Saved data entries
------------------------------

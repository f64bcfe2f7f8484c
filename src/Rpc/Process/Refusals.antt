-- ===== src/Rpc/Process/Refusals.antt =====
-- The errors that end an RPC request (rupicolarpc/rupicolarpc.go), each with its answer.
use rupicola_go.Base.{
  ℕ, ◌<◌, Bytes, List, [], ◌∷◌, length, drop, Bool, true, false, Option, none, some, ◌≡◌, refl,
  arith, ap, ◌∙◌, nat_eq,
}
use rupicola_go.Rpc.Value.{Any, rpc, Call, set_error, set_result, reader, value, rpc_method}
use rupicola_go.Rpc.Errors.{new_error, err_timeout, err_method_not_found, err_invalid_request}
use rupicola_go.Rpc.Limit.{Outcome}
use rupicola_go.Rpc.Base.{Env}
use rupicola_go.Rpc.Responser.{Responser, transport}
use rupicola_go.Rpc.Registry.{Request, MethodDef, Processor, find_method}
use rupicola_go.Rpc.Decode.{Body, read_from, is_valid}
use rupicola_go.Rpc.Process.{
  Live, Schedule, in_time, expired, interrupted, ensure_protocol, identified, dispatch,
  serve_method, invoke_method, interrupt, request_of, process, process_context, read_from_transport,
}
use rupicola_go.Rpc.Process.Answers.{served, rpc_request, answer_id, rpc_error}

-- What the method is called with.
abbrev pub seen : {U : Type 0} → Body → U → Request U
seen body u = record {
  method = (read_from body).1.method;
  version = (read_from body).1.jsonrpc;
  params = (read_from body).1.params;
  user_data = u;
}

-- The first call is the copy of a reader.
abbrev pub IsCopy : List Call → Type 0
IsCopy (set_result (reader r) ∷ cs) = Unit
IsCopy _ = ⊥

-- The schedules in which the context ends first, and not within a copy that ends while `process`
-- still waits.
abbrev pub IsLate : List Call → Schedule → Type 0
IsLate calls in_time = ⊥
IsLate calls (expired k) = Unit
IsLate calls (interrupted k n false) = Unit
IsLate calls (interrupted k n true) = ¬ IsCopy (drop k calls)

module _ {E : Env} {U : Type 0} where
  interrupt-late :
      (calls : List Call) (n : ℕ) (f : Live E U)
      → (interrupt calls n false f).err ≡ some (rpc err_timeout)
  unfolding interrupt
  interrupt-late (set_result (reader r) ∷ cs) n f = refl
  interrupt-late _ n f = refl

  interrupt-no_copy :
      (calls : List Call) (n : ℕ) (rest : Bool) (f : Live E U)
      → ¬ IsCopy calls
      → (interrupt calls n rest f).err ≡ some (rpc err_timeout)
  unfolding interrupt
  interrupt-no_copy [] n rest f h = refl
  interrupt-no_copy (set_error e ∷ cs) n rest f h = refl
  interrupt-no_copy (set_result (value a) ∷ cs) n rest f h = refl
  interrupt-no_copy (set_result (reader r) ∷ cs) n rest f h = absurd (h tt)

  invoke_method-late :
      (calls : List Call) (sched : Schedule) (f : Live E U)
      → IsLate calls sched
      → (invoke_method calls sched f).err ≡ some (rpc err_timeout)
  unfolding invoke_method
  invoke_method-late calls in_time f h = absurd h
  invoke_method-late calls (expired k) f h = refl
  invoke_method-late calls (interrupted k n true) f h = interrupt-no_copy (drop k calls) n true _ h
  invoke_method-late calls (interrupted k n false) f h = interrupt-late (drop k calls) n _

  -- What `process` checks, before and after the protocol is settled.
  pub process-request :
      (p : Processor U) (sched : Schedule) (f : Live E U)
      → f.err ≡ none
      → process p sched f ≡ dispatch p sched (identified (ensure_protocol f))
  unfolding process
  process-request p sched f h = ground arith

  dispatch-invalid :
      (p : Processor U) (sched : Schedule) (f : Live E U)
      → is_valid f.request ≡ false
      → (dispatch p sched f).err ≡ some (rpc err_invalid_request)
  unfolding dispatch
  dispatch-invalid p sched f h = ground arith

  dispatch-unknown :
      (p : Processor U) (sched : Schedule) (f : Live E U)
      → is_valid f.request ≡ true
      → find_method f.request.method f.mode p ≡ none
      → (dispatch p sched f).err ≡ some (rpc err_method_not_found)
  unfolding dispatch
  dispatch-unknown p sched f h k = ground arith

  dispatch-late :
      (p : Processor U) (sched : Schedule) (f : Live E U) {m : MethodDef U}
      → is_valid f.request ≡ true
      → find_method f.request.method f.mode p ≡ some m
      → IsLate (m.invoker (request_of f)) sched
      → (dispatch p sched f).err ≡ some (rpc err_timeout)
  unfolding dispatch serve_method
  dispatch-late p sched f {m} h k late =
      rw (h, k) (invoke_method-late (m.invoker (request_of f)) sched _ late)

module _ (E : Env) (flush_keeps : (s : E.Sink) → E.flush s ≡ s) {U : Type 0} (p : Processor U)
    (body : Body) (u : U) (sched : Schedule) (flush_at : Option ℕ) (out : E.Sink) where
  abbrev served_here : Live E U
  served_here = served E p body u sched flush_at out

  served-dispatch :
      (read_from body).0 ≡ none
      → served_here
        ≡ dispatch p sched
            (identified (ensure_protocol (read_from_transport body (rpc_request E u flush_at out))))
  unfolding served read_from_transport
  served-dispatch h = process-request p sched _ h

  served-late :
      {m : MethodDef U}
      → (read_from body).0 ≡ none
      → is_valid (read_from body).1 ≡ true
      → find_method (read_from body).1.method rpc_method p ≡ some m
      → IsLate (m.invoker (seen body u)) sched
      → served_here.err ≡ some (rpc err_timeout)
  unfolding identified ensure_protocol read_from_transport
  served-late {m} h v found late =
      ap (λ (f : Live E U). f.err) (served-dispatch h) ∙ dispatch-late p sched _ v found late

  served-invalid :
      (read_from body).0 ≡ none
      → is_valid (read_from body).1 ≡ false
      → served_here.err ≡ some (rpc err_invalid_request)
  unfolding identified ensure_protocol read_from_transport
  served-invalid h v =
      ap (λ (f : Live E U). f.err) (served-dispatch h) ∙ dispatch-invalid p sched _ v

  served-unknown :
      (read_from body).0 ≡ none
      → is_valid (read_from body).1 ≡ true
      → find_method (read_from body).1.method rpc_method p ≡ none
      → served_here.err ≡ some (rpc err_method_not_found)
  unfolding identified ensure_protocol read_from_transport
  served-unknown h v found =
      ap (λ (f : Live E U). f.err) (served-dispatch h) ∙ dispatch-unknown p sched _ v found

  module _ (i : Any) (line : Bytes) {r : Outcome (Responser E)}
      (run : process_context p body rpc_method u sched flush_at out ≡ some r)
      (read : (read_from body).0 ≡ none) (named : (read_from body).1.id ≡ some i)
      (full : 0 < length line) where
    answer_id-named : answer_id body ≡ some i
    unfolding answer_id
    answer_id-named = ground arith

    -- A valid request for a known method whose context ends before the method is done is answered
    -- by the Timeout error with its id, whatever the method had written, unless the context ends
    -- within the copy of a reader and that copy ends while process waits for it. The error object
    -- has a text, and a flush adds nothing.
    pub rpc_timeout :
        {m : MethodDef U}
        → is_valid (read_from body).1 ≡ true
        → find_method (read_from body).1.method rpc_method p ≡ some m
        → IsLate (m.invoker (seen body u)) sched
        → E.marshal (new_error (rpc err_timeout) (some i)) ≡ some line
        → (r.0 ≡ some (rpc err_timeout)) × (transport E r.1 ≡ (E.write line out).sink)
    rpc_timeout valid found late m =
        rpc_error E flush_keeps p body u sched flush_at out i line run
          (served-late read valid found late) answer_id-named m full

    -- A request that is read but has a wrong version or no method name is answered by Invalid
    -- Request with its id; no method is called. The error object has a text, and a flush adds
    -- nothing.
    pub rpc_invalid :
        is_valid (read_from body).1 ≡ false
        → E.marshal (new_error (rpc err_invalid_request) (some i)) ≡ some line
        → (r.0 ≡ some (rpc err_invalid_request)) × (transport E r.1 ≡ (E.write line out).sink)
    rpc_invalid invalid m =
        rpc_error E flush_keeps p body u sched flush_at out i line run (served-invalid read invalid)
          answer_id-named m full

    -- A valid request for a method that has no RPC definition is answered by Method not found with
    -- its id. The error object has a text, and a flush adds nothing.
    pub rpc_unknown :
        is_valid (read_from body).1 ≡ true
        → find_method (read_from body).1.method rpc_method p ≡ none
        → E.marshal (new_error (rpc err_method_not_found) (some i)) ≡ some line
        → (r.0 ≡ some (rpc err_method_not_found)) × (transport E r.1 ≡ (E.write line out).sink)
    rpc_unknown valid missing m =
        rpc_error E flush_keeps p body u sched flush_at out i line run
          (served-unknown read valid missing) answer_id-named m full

------------------------------

Work required
Produce only the lines from the line containing "dispatch-invalid p sched f h = ground arith" through the line containing "dispatch-late p sched f", inclusive of both, exactly as they stand in the entries above.

Finished exercise
  dispatch-invalid p sched f h = ground arith

  dispatch-unknown :
      (p : Processor U) (sched : Schedule) (f : Live E U)
      → is_valid f.request ≡ true
      → find_method f.request.method f.mode p ≡ none
      → (dispatch p sched f).err ≡ some (rpc err_method_not_found)
  unfolding dispatch
  dispatch-unknown p sched f h k = ground arith

  dispatch-late :
      (p : Processor U) (sched : Schedule) (f : Live E U) {m : MethodDef U}
      → is_valid f.request ≡ true
      → find_method f.request.method f.mode p ≡ some m
      → IsLate (m.invoker (request_of f)) sched
      → (dispatch p sched f).err ≡ some (rpc err_timeout)
  unfolding dispatch serve_method
  dispatch-late p sched f {m} h k late =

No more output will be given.